Given entries:
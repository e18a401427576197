-- ===== src/Ssh/Routes.antt =====
-- apps/cloud-api/src/ssh/ssh.controller.ts: the routes of the SSH sessions. The dates of the answers
-- stay numbers of milliseconds.
use microsanbox_cloud.Prelude.{
  ℕ, Bool, true, false, ◌||◌, ◌++◌, Option, none, some, Text, codes, option_text_eq, ◌==◌, find?,
  if◌then◌else◌,
}
use microsanbox_cloud.Effects.{Error, Outcome, ok, err}
use microsanbox_cloud.Database.{Db, RuntimeEntity, RuntimePortBindingRecord}
use microsanbox_cloud.Guards.{AuthHeader, can_activate}
use microsanbox_cloud.Registry.{find_runtime_by_sandbox_id}
use microsanbox_cloud.Ssh.Entries.{SessionEntry}
use microsanbox_cloud.Ssh.{Sessions, create_session, validate_session, revoke_session}

-- The UnauthorizedException of the guard, the BadRequestExceptions of the routes, and an exception
-- of the registry.
pub data Problem : Type 0 where
  unauthorized not_revoked invalid_session : Problem
  sandbox_not_found ssh_not_enabled : Text → Problem
  registry_error : Error → Problem

pub data Reply (A : Type 0) : Type 0 where
  replied : A → Reply A
  failed : Problem → Reply A

pub record CreatedSession : Type 0 where
  pub token : Text
  pub sandbox_id : Text
  pub expires_at : ℕ
  pub ssh_command : Text

unfoldable pub is_ssh : RuntimePortBindingRecord → Bool
is_ssh p = option_text_eq p.name (some (codes "ssh")) || p.container_port == 22

unfoldable pub ssh_binding : RuntimeEntity → Option RuntimePortBindingRecord
ssh_binding runtime = find? is_ssh runtime.port_bindings

-- The body of `POST ssh-session`.
pub record CreateSessionBody : Type 0 where
  pub sandbox_id : Text
  pub expiry_minutes : Option ℕ

-- The texts and numbers that a request reads: the internal token, the configured seconds, the name
-- of the host of the proxy, the time at `pruneExpired` and after it, and the random text.
pub record Reads : Type 0 where
  pub internal_token : Text
  pub ttl_seconds : ℕ
  pub host : Text
  pub now : ℕ
  pub later : ℕ
  pub token : Text

module _ (hash : Text → Text) where
  unfoldable pub create_at :
      Reads
      → CreateSessionBody
      → RuntimePortBindingRecord
      → Sessions
      → Reply CreatedSession × Sessions
  create_at r body binding s =
      let ((token, entry), next) =
        create_session hash r.ttl_seconds r.now r.later r.token body.sandbox_id binding.host_port
          body.expiry_minutes s in
      (
        replied (record {
          token = token;
          sandbox_id = entry.sandbox_id;
          expires_at = entry.expires_at;
          ssh_command = codes "ssh -p 2222 " ++ token ++ codes "@" ++ r.host;
        }),
        next,
      )

  unfoldable pub create_bound :
      Reads
      → CreateSessionBody
      → Option RuntimePortBindingRecord
      → Sessions
      → Reply CreatedSession × Sessions
  unfolding create_at
  create_bound r body none s = (failed (ssh_not_enabled body.sandbox_id), s)
  create_bound r body (some binding) s = create_at r body binding s

  unfoldable pub create_for :
      Reads
      → CreateSessionBody
      → Outcome (Option RuntimeEntity)
      → Sessions
      → Reply CreatedSession × Sessions
  unfolding create_bound ssh_binding
  create_for r body (err e) s = (failed (registry_error e), s)
  create_for r body (ok none) s = (failed (sandbox_not_found body.sandbox_id), s)
  create_for r body (ok (some runtime)) s = create_bound r body (ssh_binding runtime) s

  -- `POST ssh-session`
  unfoldable pub create_session_route :
      Reads → AuthHeader → CreateSessionBody → Db → Sessions → Reply CreatedSession × Sessions
  unfolding create_for
  create_session_route r header body db s =
      if can_activate r.internal_token header
      then create_for r body (find_runtime_by_sandbox_id body.sandbox_id db).0 s
      else (failed unauthorized, s)

  unfoldable pub revoked_reply : Text → Bool × Sessions → Reply (Text × Bool) × Sessions
  revoked_reply token (true, s) = (replied (token, true), s)
  revoked_reply token (false, s) = (failed not_revoked, s)

  -- `DELETE ssh-session/:token`
  unfoldable pub revoke_session_route :
      Reads → AuthHeader → Bool → Text → Sessions → Reply (Text × Bool) × Sessions
  unfolding revoked_reply
  revoke_session_route r header refused token s =
      if can_activate r.internal_token header
      then revoked_reply token (revoke_session hash refused token s)
      else (failed unauthorized, s)

  unfoldable pub validated_reply : Option SessionEntry × Sessions → Reply SessionEntry × Sessions
  validated_reply (none, s) = (failed invalid_session, s)
  validated_reply (some entry, s) = (replied entry, s)

  -- `GET ssh/validate`
  unfoldable pub validate_token_route :
      Reads → AuthHeader → Text → Sessions → Reply SessionEntry × Sessions
  unfolding validated_reply
  validate_token_route r header token s =
      if can_activate r.internal_token header
      then validated_reply (validate_session hash r.now token s)
      else (failed unauthorized, s)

Assigned task:
Above are the entries. Copy exactly the part that opens with the line containing "body.expiry_minutes s in" and closes with the line containing "create_for r body (err", and no more.

Task response:
          body.expiry_minutes s in
      (
        replied (record {
          token = token;
          sandbox_id = entry.sandbox_id;
          expires_at = entry.expires_at;
          ssh_command = codes "ssh -p 2222 " ++ token ++ codes "@" ++ r.host;
        }),
        next,
      )

  unfoldable pub create_bound :
      Reads
      → CreateSessionBody
      → Option RuntimePortBindingRecord
      → Sessions
      → Reply CreatedSession × Sessions
  unfolding create_at
  create_bound r body none s = (failed (ssh_not_enabled body.sandbox_id), s)
  create_bound r body (some binding) s = create_at r body binding s

  unfoldable pub create_for :
      Reads
      → CreateSessionBody
      → Outcome (Option RuntimeEntity)
      → Sessions
      → Reply CreatedSession × Sessions
  unfolding create_bound ssh_binding
  create_for r body (err e) s = (failed (registry_error e), s)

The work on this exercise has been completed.